Skip to content

name scoping within dataframe index

7 messages · Duncan Murdoch, Gabor Grothendieck, Alexy Khrabrov

#
Every time I have to prefix a dataframe column inside the indexing  
brackets with the dataframe name, e.g.

df[df$colname==value,]

-- I am wondering, why isn't there an R scoping rule that search  
starts with the dataframe names, as if we'd said

with(df, df[colname==value,])

-- wouldn't that be a reasonable default to prepend to the name search  
path?

Cheers,
Alexy
#
On 1/26/2009 1:46 PM, Alexy Khrabrov wrote:
If you did that, it would be quite difficult to get at a "colname" 
variable that *isn't* the column of df.  It would be something like

  df[get("colname", parent.frame()) == value,]

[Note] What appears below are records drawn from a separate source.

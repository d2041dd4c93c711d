-- ===== src/Http/Curl/Session/Head.antt =====
-- Reading the head of a response, whatever the pieces in which the socket yields it.
use azure_sdk_for_cpp.Base.{
  ℕ, zero, suc, ◌≡◌, refl, ◌∙◌, sym, ap, subst, ◌≤◌, ◌<◌, ◌⊎◌, inl, inr, false, List, [], ◌++◌,
  Option, none, some, ltb_irrefl, if-true, if-false, Result-cases, ◌==◌, length, length-append,
  drop, Bytes, Result, OnOk, Returns, ok, err, ◌>>=◌, arith, Bool-cases, Without, codes,
}
use azure_sdk_for_cpp.Dict.{find}
use azure_sdk_for_cpp.Http.Response.{RawResponse}
use azure_sdk_for_cpp.Http.Streams.{IsStream}
use azure_sdk_for_cpp.Http.Curl.Parser.{
  ParseError, ResponseBufferParser, new_parser, parse_buffer, is_carriage_return,
}
use azure_sdk_for_cpp.Http.Curl.Parser.Scan.{
  Scan, Scanned, more, done, bad, stray, then_scan, scan, scan-append,
}
use azure_sdk_for_cpp.Http.Curl.Parser.Agreement.{Agree, take-length}
use azure_sdk_for_cpp.Http.Curl.Parser.Simulation.{AgreeResult, parse_buffer-AgreeResult}
use azure_sdk_for_cpp.Http.Curl.Parser.Head.{
  head_text, head_response, AreHeaderLines, scanned, scan-head_text,
}
use azure_sdk_for_cpp.Http.Curl.Session.{
  SessionError, parse_failure, connection_closed, CurlSession, read_length, finish_head, read_head,
  set_body_length, reader_size, fill, pull, next_buffer, lift_parse, body_start, head_round,
  follow_round, head_loop,
}
use azure_sdk_for_cpp.Http.Curl.Session.Pending.{
  pending, pending-body_start, Fits, Fits-body_start, SameSession,
}

module _ {W : Type 0} (read_from_socket : W → ℕ → Result SessionError (W × Bytes))
    (content : W → Bytes) where
  -- What the loop over the head yields, by the scan of all that the socket has.
  abbrev pub HeadRead :
      CurlSession
      → Scanned
      → Option (Result SessionError ((Option RawResponse × (CurlSession × ℕ)) × W))
      → Type 0
  HeadRead s stray o = Unit {0}
  HeadRead s (more a) none = ⊥
  HeadRead s (more a) (some (err e)) = Unit {0}
  HeadRead s (more a) (some (ok r)) = ⊥
  HeadRead s (bad e) none = ⊥
  HeadRead s (bad e) (some (err f)) = Unit {0}
  HeadRead s (bad e) (some (ok r)) = ⊥
  HeadRead s (done response after) none = ⊥
  HeadRead s (done response after) (some (err e)) = Unit {0}
  HeadRead s (done response after) (some (ok ((r, (t, size)), w))) =
      (r ≡ response)
      × ((pending (record t { inner_buffer_size = size }) ++ content w ≡ after)
          × (SameSession s t × Fits (record t { inner_buffer_size = size })))

  err-HeadRead : (s : CurlSession) (o : Scanned) (e : SessionError) → HeadRead s o (some (err e))
  err-HeadRead s stray e = tt
  err-HeadRead s (more a) e = tt
  err-HeadRead s (bad f) e = tt
  err-HeadRead s (done r x) e = tt

  -- After the parser has read a buffer.
  after_buffer :
      (again : ResponseBufferParser
        → CurlSession
        → W
        → Option (Result SessionError ((Option RawResponse × (CurlSession × ℕ)) × W)))
      (s t : CurlSession) (b buffer : Bytes) (w : W)
      (r : Result ParseError (ResponseBufferParser × ℕ)) (o : Scanned)
      → t.read_buffer ≡ fill b buffer
      → t.inner_buffer_size ≡ length b
      → t.body_start_in_buffer ≡ none
      → SameSession s t
      → AgreeResult b (length b) r o
      → ((q : ResponseBufferParser) (a : Scan) (u : CurlSession)
          → Agree [] 0 0 q a
          → u.body_start_in_buffer ≡ none
          → SameSession s u
          → HeadRead s (scan a (content w)) (again q u w))
      → HeadRead s (then_scan o (content w)) (
          follow_round read_from_socket again (
            lift_parse r >>= λ (q, n). ok (
              q,
              (
                (
                  record t {
                    body_start_in_buffer = body_start n (length b) t.body_start_in_buffer;
                  },
                  length b,
                ),
                w,
              ),
            )))
  unfolding follow_round AgreeResult
  after_buffer again s t b buffer w (err e) o f size start same agree k =
      err-HeadRead s (then_scan o (content w)) (parse_failure e)
  after_buffer again s t b buffer w (ok (q, n)) stray f size start same agree k = tt
  after_buffer again s t b buffer w (ok (q, n)) (bad g) f size start same agree k = absurd agree
  after_buffer again s t b buffer w (ok (q, n)) (more a) f size start same (agree, e) k =
      let kept : body_start n (length b) t.body_start_in_buffer ≡ none =
        rw (e, ltb_irrefl (length b)) start in
      subst (HeadRead s (scan a (content w)))
        (sym (if-false q.parse_completed _ _ agree.incomplete))
        (k q a (record t { body_start_in_buffer = body_start n (length b) t.body_start_in_buffer })
          agree kept same)
  after_buffer again s t b buffer w (ok (q, n)) (done r x) f size start same ((c, e), (g, h)) k =
      let left : pending (record t {
        inner_buffer_size = length b;
        body_start_in_buffer = body_start n (length b) t.body_start_in_buffer;
      })
          ≡ x =
        ap
          (λ i. pending (record t {
            inner_buffer_size = length b;
            body_start_in_buffer = body_start n (length b) i;
          }))
          start
        ∙ (pending-body_start t b buffer n (omega arith) f ∙ g) in
      let fits : Fits (record t {
        inner_buffer_size = length b;
        body_start_in_buffer = body_start n (length b) t.body_start_in_buffer;
      }) =
        subst
          (λ i. Fits (record t {
            inner_buffer_size = length b;
            body_start_in_buffer = body_start n (length b) i;
          }))
          (sym start) (Fits-body_start t b buffer n f) in
      subst (HeadRead s (done r (x ++ content w))) (sym (if-true q.parse_completed _ _ c))
        (e, (ap (λ y. y ++ content w) left, (same, fits)))

  -- What the socket promises of a read of a whole buffer.
  abbrev Progress : W → W × Bytes → Type 0
  Progress w (w', b) =
      (length b ≤ reader_size)
      × ((content w ≡ b ++ content w') × ((length b ≡ 0) → (reader_size ≡ 0) ⊎ (content w ≡ [])))

  same-HeadRead :
      (s u : CurlSession) (o : Scanned)
      (r : Option (Result SessionError ((Option RawResponse × (CurlSession × ℕ)) × W)))
      → SameSession s u
      → HeadRead u o r
      → HeadRead s o r
  same-HeadRead s u stray r e h = tt
  same-HeadRead s u (more a) none e h = h
  same-HeadRead s u (more a) (some (err f)) e h = tt
  same-HeadRead s u (more a) (some (ok x)) e h = h
  same-HeadRead s u (bad g) none e h = h
  same-HeadRead s u (bad g) (some (err f)) e h = tt
  same-HeadRead s u (bad g) (some (ok x)) e h = h
  same-HeadRead s u (done y x) none e h = h
  same-HeadRead s u (done y x) (some (err f)) e h = tt
  same-HeadRead s u (done y x) (some (ok ((r, (t, size)), w))) (a, (b, (c, d)))
        (i, (j, ((k, (l, (m, n))), fits))) =
      (i, (j, ((k ∙ a, (l ∙ b, (m ∙ c, n ∙ d))), fits)))

  head_loop-HeadRead :
      (stream : IsStream read_from_socket content) (fuel : ℕ) (s : CurlSession) (w : W)
      (p : ResponseBufferParser) (a : Scan)
      → s.body_start_in_buffer ≡ none
      → Agree [] 0 0 p a
      → length (content w) < fuel
      → HeadRead s (scan a (content w)) (head_loop read_from_socket fuel false p s w)
  unfolding head_loop IsStream head_round next_buffer pull follow_round
  head_loop-HeadRead stream zero s w p a start g lt = absurd (omega arith)
  head_loop-HeadRead stream (suc fuel) s w p a start g lt =
      elim (Result-cases (read_from_socket w reader_size)) [
        | inr (e, eq) ↦
            rw (head_loop, head_round, next_buffer, pull, eq)
              (err-HeadRead s (scan a (content w)) e)
        | inl ((w', b), eq) ↦ elim (Bool-cases (length b == 0)) [
          | inl z ↦
              rw (head_loop, head_round, next_buffer, pull, eq, z)
                (err-HeadRead s (scan a (content w)) connection_closed)
          | inr z ↦
              let (le, (c, empty)) = subst (OnOk (Progress w)) eq (stream w reader_size) in
              let t : CurlSession = record s {
                read_buffer = fill b s.read_buffer;
                inner_buffer_size = length b;
              } in
              let step =
                after_buffer (head_loop read_from_socket fuel false) s t b s.read_buffer w'
                  (parse_buffer p b) (scan a b) refl refl start (refl, (refl, (refl, refl)))
                  (parse_buffer-AgreeResult p a b g)
                  (λ q d u agree free same.
                    same-HeadRead s u (scan d (content w'))
                      (head_loop read_from_socket fuel false q u w') same
                      (head_loop-HeadRead stream fuel u w' q d free agree (
                        let l = length-append b (content w') in
                        let m : length (content w) ≡ length (b ++ content w') = ap length c in
                        ground arith))) in
              rw
                (
                  c,
                  scan-append a b (content w'),
                  head_loop,
                  head_round,
                  next_buffer,
                  pull,
                  eq,
                  z,
                  take-length b (drop (length b) s.read_buffer),
                )
                step
        ]
      ]

  new_parser-Agree :
      Agree [] 0 0 new_parser (record { line = []; returned = false; response = none })
  new_parser-Agree = record {
    response = refl;
    state = refl;
    delimiter = refl;
    incomplete = refl;
    line = refl;
    size = omega arith;
    behind = λ k. inl refl;
  }

  -- Whatever the pieces in which the socket yields a response, with fuel for its bytes the loop over
  -- its head ends. Unless the socket fails, it yields the response that the lines of the head make up,
  -- with the body, and no more, left in the internal buffer and on the socket; and it throws if a line
  -- is malformed.
  pub head_loop-head_text :
      (fuel : ℕ) (s : CurlSession) (w : W) (status : Bytes) (hs : List Bytes) (body : Bytes)
      → IsStream read_from_socket content
      → s.body_start_in_buffer ≡ none
      → content w ≡ head_text status hs ++ body
      → Without is_carriage_return status
      → AreHeaderLines hs
      → length (content w) < fuel
      → HeadRead s
          (scanned body (head_response status hs))
          (head_loop read_from_socket fuel false new_parser s w)
  head_loop-head_text fuel s w status hs body stream start e ws wh lt =
      subst (λ o. HeadRead s o (head_loop read_from_socket fuel false new_parser s w))
        (ap (scan (record { line = []; returned = false; response = none })) e
          ∙ scan-head_text status hs body ws wh)
        (head_loop-HeadRead stream fuel s w new_parser
          (record { line = []; returned = false; response = none }) start new_parser-Agree lt)

  -- The response, the length of its body, and the body on the way.
  abbrev pub Framed : CurlSession → RawResponse → ℕ → Bytes → CurlSession × W → Type 0
  Framed s r n body (t, w) =
      ((t.response ≡ some r) × (t.content_length ≡ some n))
      × ((pending t ++ content w ≡ body) × (SameSession s t × Fits t))

  finish_head-Framed :
      (fuel : ℕ) (s : CurlSession) (r : RawResponse) (n : ℕ) (value body : Bytes)
      (o : Option (Result SessionError ((Option RawResponse × (CurlSession × ℕ)) × W)))
      → HeadRead s (done (some r) body) o
      → s.is_head_request ≡ false
      → (r.status_code == 204) ≡ false
      → find (codes "content-length") r.headers ≡ some value
      → read_length value ≡ ok n
      → Returns (Framed s r n body) (finish_head read_from_socket fuel o)
  unfolding finish_head set_body_length
  finish_head-Framed fuel s r n value body none h hd st f l = h
  finish_head-Framed fuel s r n value body (some (err e)) h hd st f l = tt
  finish_head-Framed fuel s r n value body (some (ok ((none, (t, size)), w))) (e, h) hd st f l =
      absurd cc
  finish_head-Framed fuel s r n value body (some (ok ((some q, (t, size)), w)))
        (e, (g, ((i, (j, (k, m))), fits))) hd st f l =
      let same : q ≡ r = cc in
      rw (same, set_body_length, j ∙ hd, st, f, l)
        ((ap some same, refl), (g, ((i, (j, (k, m))), fits)))

  -- A response with a length of its content, whatever the pieces in which the socket yields it, is read
  -- up to its body, unless the socket fails: the response is that of the lines of the head, the
  -- length is that of the header, and the body is left in the internal buffer and on the socket.
  pub read_head-Framed :
      (fuel : ℕ) (s : CurlSession) (w : W) (status : Bytes) (hs : List Bytes) (body : Bytes)
      (r : RawResponse) (value : Bytes) (n : ℕ)
      → IsStream read_from_socket content
      → s.body_start_in_buffer ≡ none
      → s.is_head_request ≡ false
      → content w ≡ head_text status hs ++ body
      → Without is_carriage_return status
      → AreHeaderLines hs
      → length (content w) < fuel
      → head_response status hs ≡ ok (some r)
      → (r.status_code == 204) ≡ false
      → find (codes "content-length") r.headers ≡ some value
      → read_length value ≡ ok n
      → Returns (Framed s r n body) (read_head read_from_socket fuel false s w)
  unfolding read_head
  read_head-Framed fuel s w status hs body r value n stream start hd e ws wh lt response st f l =
      finish_head-Framed fuel s r n value body
        (head_loop read_from_socket fuel false new_parser s w)
        (subst
          (λ o. HeadRead s (scanned body o) (head_loop read_from_socket fuel false new_parser s w))
          response (head_loop-head_text fuel s w status hs body stream start e ws wh lt))
        hd st f l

So just use subset(), or with(), or type the extra 3 chars.

Duncan
#
Try:

subset(df, colname == value)
On Mon, Jan 26, 2009 at 1:46 PM, Alexy Khrabrov <deliverable at gmail.com> wrote:
#
Actually, what I propose is  a special search rule which simply looks  
at the enclosing dataframe.name[...] outside the brackets and looks up  
the columns first.

It would break legacy code which used the column names identical to  
variables in this context, but there's probably other ideas to enhance  
R readability which would break legacy code.  Perhaps when the next  
major overhaul occurs, this is something folks can voice opinions  
about.  I find the need for inner prefixing quite unnatural, FWIW.

Cheers,
Alexy
#
On 1/26/2009 2:01 PM, Alexy Khrabrov wrote:
Yes, I understood that, and I explained why it would be a bad idea.

Duncan Murdoch
#
On Jan 26, 2009, at 2:12 PM, Duncan Murdoch wrote:
Well this is the case in all programming languages with scoping where  
inner-scope variables override the outer ones.  Usually it's solved  
with prefixing with the outer scope, outercsope.name or  
outerscope::name or so.  So it only underscores the need to improve  
scoping access in R.

Dataframe column names belong to the dataframe object and the natural  
thing would be to enable easy access to naming; you'd need to apply an  
extra effort to access an overridden unrelated external variable.   
Again, just an analogy from other programming languages.

Cheers,
Alexy
#
On 1/26/2009 2:20 PM, Alexy Khrabrov wrote:
The issue is that in most cases the outer scope would be unnamed:  it's 
the one that currently doesn't need a prefix.  So if we have a prefix 
meaning "this scope", why wouldn't that evaluate to "df" in that 
context?  I guess we need a prefix meaning "the caller's scope", but 
that's just going to lead to confusion:  is it the caller of the 
function that is trying to index df, or the function trying to do the 
indexing?  So we'd need a prefix specific to indexing:  and that's just 
too ugly for words.

As I said, use subset() or with().  For subset selection, subset() works 
very nicely.  (I don't like the way it does column selection, but that's 
a different argument.)

Duncan Murdoch